(Records from a collection)
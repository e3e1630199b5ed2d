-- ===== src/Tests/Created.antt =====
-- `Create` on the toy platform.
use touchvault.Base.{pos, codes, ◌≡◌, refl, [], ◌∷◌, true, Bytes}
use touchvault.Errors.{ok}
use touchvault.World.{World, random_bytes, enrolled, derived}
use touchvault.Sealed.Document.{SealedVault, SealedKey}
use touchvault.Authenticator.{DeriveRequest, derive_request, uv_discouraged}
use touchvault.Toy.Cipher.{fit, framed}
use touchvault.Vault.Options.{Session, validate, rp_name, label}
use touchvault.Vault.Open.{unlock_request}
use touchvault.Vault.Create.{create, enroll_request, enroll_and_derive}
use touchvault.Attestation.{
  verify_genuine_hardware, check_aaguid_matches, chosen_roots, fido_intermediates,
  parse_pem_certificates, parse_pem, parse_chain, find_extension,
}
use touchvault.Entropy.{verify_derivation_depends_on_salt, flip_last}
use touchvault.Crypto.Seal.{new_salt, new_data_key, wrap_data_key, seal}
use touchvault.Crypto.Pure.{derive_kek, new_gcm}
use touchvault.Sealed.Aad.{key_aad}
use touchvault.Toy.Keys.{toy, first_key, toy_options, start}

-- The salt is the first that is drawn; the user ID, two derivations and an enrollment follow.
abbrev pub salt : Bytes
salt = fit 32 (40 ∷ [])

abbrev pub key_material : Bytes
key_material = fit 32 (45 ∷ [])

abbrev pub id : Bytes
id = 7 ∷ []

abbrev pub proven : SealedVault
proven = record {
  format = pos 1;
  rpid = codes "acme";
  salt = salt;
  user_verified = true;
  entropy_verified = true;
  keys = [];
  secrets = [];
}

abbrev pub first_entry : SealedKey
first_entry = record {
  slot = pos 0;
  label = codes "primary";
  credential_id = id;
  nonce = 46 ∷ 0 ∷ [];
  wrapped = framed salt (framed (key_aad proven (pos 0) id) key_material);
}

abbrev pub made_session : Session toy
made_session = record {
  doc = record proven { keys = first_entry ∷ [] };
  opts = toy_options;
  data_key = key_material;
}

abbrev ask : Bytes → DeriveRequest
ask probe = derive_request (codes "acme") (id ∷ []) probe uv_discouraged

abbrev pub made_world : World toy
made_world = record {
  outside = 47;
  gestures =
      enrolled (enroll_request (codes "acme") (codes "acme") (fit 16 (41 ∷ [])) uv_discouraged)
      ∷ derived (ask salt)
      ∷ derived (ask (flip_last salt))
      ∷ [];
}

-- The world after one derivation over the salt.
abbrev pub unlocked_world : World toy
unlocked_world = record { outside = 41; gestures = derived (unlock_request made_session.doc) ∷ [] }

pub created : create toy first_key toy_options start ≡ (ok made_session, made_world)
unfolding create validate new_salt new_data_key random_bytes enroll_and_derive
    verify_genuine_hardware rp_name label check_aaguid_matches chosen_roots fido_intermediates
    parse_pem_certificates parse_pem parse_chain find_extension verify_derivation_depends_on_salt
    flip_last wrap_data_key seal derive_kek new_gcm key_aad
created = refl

...

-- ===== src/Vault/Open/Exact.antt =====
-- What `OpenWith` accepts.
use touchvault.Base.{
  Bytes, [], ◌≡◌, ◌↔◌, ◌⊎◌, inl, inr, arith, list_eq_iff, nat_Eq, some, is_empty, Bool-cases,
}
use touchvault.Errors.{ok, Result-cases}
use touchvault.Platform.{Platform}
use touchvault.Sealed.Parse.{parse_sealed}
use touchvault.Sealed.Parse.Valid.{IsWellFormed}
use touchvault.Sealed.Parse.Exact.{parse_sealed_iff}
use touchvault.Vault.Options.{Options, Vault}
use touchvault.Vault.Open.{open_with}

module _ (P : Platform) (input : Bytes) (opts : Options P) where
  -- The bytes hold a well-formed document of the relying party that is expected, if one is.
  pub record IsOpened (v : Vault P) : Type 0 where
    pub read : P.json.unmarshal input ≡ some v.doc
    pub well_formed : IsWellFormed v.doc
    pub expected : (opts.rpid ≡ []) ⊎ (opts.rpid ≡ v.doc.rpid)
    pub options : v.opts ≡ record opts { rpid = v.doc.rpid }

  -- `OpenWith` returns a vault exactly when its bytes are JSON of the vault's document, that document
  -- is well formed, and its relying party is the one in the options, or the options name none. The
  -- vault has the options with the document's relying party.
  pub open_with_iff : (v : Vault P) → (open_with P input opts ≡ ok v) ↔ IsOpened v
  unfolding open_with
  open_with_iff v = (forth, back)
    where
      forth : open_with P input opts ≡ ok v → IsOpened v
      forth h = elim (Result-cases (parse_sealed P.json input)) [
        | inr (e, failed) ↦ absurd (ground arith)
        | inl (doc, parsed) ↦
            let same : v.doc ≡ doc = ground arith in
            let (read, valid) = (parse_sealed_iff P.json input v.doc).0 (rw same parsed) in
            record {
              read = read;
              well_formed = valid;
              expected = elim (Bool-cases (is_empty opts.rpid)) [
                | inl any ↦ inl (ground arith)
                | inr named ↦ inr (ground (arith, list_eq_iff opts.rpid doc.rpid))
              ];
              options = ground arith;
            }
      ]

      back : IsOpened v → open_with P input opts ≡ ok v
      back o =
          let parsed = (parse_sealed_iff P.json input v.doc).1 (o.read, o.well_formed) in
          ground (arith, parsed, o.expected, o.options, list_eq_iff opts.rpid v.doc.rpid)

==

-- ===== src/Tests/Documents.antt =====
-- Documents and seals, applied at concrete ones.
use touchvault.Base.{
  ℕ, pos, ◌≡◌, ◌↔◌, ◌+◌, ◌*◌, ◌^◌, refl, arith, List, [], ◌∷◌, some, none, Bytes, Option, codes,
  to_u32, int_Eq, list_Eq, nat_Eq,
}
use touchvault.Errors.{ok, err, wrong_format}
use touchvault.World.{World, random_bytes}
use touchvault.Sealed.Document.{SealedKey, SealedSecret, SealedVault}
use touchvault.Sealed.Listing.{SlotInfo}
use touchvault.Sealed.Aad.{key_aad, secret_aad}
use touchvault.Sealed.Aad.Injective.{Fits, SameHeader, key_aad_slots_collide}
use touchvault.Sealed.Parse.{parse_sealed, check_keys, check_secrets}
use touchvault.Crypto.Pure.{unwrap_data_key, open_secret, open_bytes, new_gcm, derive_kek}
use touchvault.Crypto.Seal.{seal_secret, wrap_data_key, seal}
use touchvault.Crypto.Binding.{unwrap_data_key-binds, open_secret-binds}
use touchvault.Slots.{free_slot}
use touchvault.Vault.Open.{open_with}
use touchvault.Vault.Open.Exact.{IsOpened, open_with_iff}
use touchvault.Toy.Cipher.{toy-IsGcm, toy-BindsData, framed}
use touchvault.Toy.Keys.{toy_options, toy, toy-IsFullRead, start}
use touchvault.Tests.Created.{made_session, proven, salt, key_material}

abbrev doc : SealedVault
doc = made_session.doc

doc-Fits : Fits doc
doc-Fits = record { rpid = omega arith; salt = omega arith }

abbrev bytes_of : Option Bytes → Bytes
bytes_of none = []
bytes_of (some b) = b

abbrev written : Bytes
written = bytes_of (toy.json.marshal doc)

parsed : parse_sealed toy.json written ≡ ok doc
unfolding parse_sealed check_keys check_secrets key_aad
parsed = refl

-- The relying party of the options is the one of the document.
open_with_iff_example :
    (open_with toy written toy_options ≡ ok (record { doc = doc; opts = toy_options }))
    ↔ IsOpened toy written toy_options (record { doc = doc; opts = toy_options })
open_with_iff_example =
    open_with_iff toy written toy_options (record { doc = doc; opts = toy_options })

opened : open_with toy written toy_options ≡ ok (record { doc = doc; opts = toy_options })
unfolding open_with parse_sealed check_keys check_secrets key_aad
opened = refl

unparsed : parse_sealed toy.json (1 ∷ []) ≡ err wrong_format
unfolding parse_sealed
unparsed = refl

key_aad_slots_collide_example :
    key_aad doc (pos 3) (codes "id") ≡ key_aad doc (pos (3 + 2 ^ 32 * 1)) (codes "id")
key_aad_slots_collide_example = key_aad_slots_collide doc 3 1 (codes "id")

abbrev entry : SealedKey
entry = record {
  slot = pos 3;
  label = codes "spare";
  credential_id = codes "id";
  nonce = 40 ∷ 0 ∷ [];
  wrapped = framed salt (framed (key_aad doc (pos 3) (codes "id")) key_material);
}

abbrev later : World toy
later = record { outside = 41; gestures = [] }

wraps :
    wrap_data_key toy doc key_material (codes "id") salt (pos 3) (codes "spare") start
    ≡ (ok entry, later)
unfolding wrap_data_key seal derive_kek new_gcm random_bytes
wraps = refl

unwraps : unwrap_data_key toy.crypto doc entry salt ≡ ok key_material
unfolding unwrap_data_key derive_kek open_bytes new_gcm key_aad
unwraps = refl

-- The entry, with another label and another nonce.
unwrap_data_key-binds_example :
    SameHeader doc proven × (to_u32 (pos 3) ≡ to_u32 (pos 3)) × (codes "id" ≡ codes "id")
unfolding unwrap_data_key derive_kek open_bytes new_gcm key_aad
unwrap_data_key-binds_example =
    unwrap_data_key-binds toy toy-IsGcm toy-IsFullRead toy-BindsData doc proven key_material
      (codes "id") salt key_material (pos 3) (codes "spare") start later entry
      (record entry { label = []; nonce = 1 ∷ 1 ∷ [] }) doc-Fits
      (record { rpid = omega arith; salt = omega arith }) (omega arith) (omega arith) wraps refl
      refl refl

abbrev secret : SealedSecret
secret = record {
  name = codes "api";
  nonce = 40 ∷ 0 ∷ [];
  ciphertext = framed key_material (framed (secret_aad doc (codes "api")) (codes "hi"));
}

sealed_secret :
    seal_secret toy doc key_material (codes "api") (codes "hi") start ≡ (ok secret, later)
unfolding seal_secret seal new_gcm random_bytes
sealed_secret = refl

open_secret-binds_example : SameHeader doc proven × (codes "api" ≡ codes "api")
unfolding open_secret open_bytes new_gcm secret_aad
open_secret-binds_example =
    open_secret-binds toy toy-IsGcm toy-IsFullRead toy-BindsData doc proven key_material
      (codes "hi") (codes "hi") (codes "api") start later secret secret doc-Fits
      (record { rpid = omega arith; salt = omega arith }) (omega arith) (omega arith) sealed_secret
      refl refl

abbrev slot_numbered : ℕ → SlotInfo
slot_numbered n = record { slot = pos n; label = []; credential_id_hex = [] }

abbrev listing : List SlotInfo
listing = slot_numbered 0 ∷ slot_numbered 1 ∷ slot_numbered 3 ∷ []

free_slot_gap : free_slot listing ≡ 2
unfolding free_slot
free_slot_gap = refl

• [What is being asked] Within the data above, how many lines include "Tests"? The number alone is the answer.

• [Reply] 3